The first leg of the Copa del Rey tie between Athletic and Valencia stirred the embers. From within San Mamés, those connected to Athletic and ever further afield there was plenty of criticism over the footballing formula employed by José Bordalás, the same that he used at Getafe and which characterizes his teams, above all when playing away from home: unprejudiced and tough football, giving nothing away cheaply, avoiding every margin for error, and looking to take advantage of any weakness in the opposition. And when a lead is achieved, to play as little football as possible. It is also a style of play that tests the permissiveness of the match officials to the limit. Athletic boss Marcelino complained that the second half lasted 51 minutes but the ball was only in play for 20.

It is what former Real Madrid and Spain manager José Antonio Camacho called “the other football,” alluding to the use of these resources at determinate stages of the game when required, which is something pretty much every team does. The difference between Bordalás and other coaches is that the “other football” is not so much an exception to the rule, but rather the essence of the model itself. Valencia lead LaLiga in fouls committed, as did Getafe when Bordalás was at the helm. The bill for is paid in yellow and red cards, in which Valencia also have no equal in the division, in the second case ex aequo with Levante and Espanyol. The data suggests that Valencia know this style of play will cost them in suspensions, but take on that risk anyway.

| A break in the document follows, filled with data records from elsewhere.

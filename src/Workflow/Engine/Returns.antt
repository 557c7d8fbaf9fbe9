-- ===== src/Workflow/Engine/Returns.antt =====
-- The wall-clock budget ends `_advance`: the clock's readings grow, and every round takes one.
use era_ai.Prelude.{
  ℕ, zero, suc, ◌+◌, ◌-◌, ◌≤◌, ◌<◌, ◌≡◌, refl, subst, true, Option, none, some, ltb, str_eq,
  Bool-cases, inl, inr, arith,
}
use era_ai.Gate.Records.{ExecutionContext}
use era_ai.Workflow.Definition.{WorkflowDefinition}
use era_ai.Workflow.Run.{text, EngineState, Services, set_run_failed, ticked}
use era_ai.Workflow.Run.Rows.{Since, identity, OnceAt}
use era_ai.Workflow.Engine.{Round, over, again, round, then_round, rounds, with_definition, advance}
use era_ai.Workflow.Engine.Batch.{Ends}
use era_ai.Workflow.Engine.Once.{round-OnceAt}

-- Every reading of the clock is above the one before it.
pub record IsTicking (sv : Services) : Type 0 where
  pub grows : (k : ℕ) → sv.monotonic k < sv.monotonic (k + 1)

module _ (sv : Services) (ctx : ExecutionContext) where
  -- After so many readings the clock has grown by as much.
  grown : (j n : ℕ) → IsTicking sv → sv.monotonic j + n ≤ sv.monotonic (j + n)
  grown j zero c =
      let same : j ≡ j + 0 = omega arith in
      let here : sv.monotonic j + 0 ≤ sv.monotonic j = omega arith in
      subst (λ k. sv.monotonic j + 0 ≤ sv.monotonic k) same here
  grown j (suc n) c =
      let next : j + n + 1 ≡ j + suc n = omega arith in
      let step : sv.monotonic (j + n) < sv.monotonic (j + suc n) =
        subst (λ k. sv.monotonic (j + n) < sv.monotonic k) next (c.grows (j + n)) in
      omega (arith, step, grown j n c)

  grown-lt : (j k : ℕ) → IsTicking sv → j < k → sv.monotonic j < sv.monotonic k
  grown-lt j k c l =
      let end : j + (k - j) ≡ k = omega (arith, l) in
      let reached : sv.monotonic j + (k - j) ≤ sv.monotonic k =
        subst (λ m. sv.monotonic j + (k - j) ≤ sv.monotonic m) end (grown j (k - j) c) in
      omega (arith, l, reached)

  abbrev Returns : Option EngineState → Type 0
  Returns o = (t : EngineState) × (o ≡ some t)

  abbrev IsRun : EngineState → Type 0
  IsRun s = OnceAt record { who = identity s; from = s.ticks } 0 s

  -- A round that goes on has taken a reading.
  round-later :
      (d : WorkflowDefinition) (deadline : ℕ) (s : EngineState)
      → IsRun s
      → Ends (OnceAt record { who = identity s; from = s.ticks + 1 } 0) (round sv ctx d deadline s)
  unfolding ticked
  round-later d deadline s o =
      round-OnceAt sv ctx record { who = identity s; from = s.ticks + 1 } 0 d deadline s
        record { is_run = refl; later = omega arith; once = o.once; none_yet = o.none_yet }

  refreshed-IsRun : (w : Since) (t : EngineState) → OnceAt w 0 t → IsRun t
  refreshed-IsRun w t o = record {
    is_run = refl;
    later = omega arith;
    once = o.once;
    none_yet = o.none_yet;
  }

  round-late :
      (d : WorkflowDefinition) (deadline : ℕ) (s : EngineState)
      → ltb deadline (sv.monotonic s.ticks) ≡ true
      → (t : EngineState) × (round sv ctx d deadline s ≡ over t)
  unfolding round
  round-late d deadline s h =
      (set_run_failed (text "workflow wall-clock budget exceeded") (ticked s), rw h refl)

  after_round :
      (r : Round) (n fuel : ℕ) (rest : EngineState → Option EngineState) (deadline : ℕ) (w : Since)
      → IsTicking sv
      → Ends (OnceAt record { who = w.who; from = n + 1 } 0) r
      → deadline + 1 ≤ sv.monotonic n + suc fuel
      → ((t : EngineState)
          → IsRun t
          → deadline + 1 ≤ sv.monotonic t.ticks + fuel
          → Returns (rest t))
      → Returns (then_round sv ctx r rest)
  unfolding then_round
  after_round (over t) n fuel rest deadline w c o l k = (t, refl)
  after_round (again t) n fuel rest deadline w c o l k =
      k t (refreshed-IsRun _ t o) (omega (arith, l, grown-lt n t.ticks c (omega (arith, o.later))))

  rounds-Returns :
      (d : WorkflowDefinition) (deadline fuel : ℕ) (s : EngineState)
      → IsTicking sv
      → IsRun s
      → deadline + 1 ≤ sv.monotonic s.ticks + fuel
      → Returns (rounds sv ctx d deadline (suc fuel) s)
  unfolding rounds
  rounds-Returns d deadline zero s c o l =
      let (t, ends) = round-late d deadline s (ground (arith, l)) in (t, rw (ends, then_round) refl)
  rounds-Returns d deadline (suc fuel) s c o l =
      after_round (round sv ctx d deadline s) s.ticks fuel (rounds sv ctx d deadline (suc fuel))
        deadline record { who = identity s; from = 0 } c (round-later d deadline s o) l
        (λ t run more. rounds-Returns d deadline fuel t c run more)

  with_definition-Returns :
      (d : Option WorkflowDefinition) (fuel : ℕ) (s : EngineState)
      → IsTicking sv
      → sv.max_wallclock ≤ fuel
      → IsRun s
      → Returns (with_definition sv ctx d (suc fuel) s)
  unfolding with_definition ticked
  with_definition-Returns none fuel s c l o = (_, refl)
  with_definition-Returns (some d) fuel s c l o =
      elim (Bool-cases (str_eq (sv.checksum d) s.run.definition_checksum)) [
        | inl q ↦
            let (t, ends) =
              rounds-Returns d (sv.monotonic s.ticks + sv.max_wallclock) fuel (ticked s) c
                record { is_run = refl; later = omega arith; once = o.once; none_yet = o.none_yet }
                (omega (arith, l, c.grows s.ticks)) in
            (t, rw q ends)
        | inr q ↦ (
          set_run_failed (text "workflow definition changed since the run started (checksum)") s,
          rw q refl,
        )
      ]

  -- Fuel for one round more than the budget has units of time is enough.
  pub advance-Returns :
      (fuel : ℕ) (s : EngineState)
      → IsTicking sv
      → sv.max_wallclock ≤ fuel
      → OnceAt record { who = identity s; from = 0 } 0 s
      → Returns (advance sv ctx (suc fuel) s)
  unfolding advance
  advance-Returns fuel s c l o =
      with_definition-Returns (sv.definition_for_run s.run) fuel s c l
        (refreshed-IsRun record { who = identity s; from = 0 } s o)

Marcelino to return to Mestalla

For some observers it is a valid model as long as it produces results. For others, who wouldn’t cross the street to watch football played in this way, it isn’t just the “other football” but “anti-football,” regardless of whether or not it works. It is an ever-present debate in today’s football landscape and one that will provide a sub-narrative to the second leg of the Copa semifinal in Valencia. Adding to the interest is the fact that Marcelino led Los Che to their most recent trophy in the same competition, only to be unceremoniously sacked by the Valencia board immediately afterwards. Mestalla remembers Marcelino and loves him, but those affections will take a back seat to wanting to see Valencia in the Copa final. Whether that is achieved with the “other football” or not won’t matter a jot.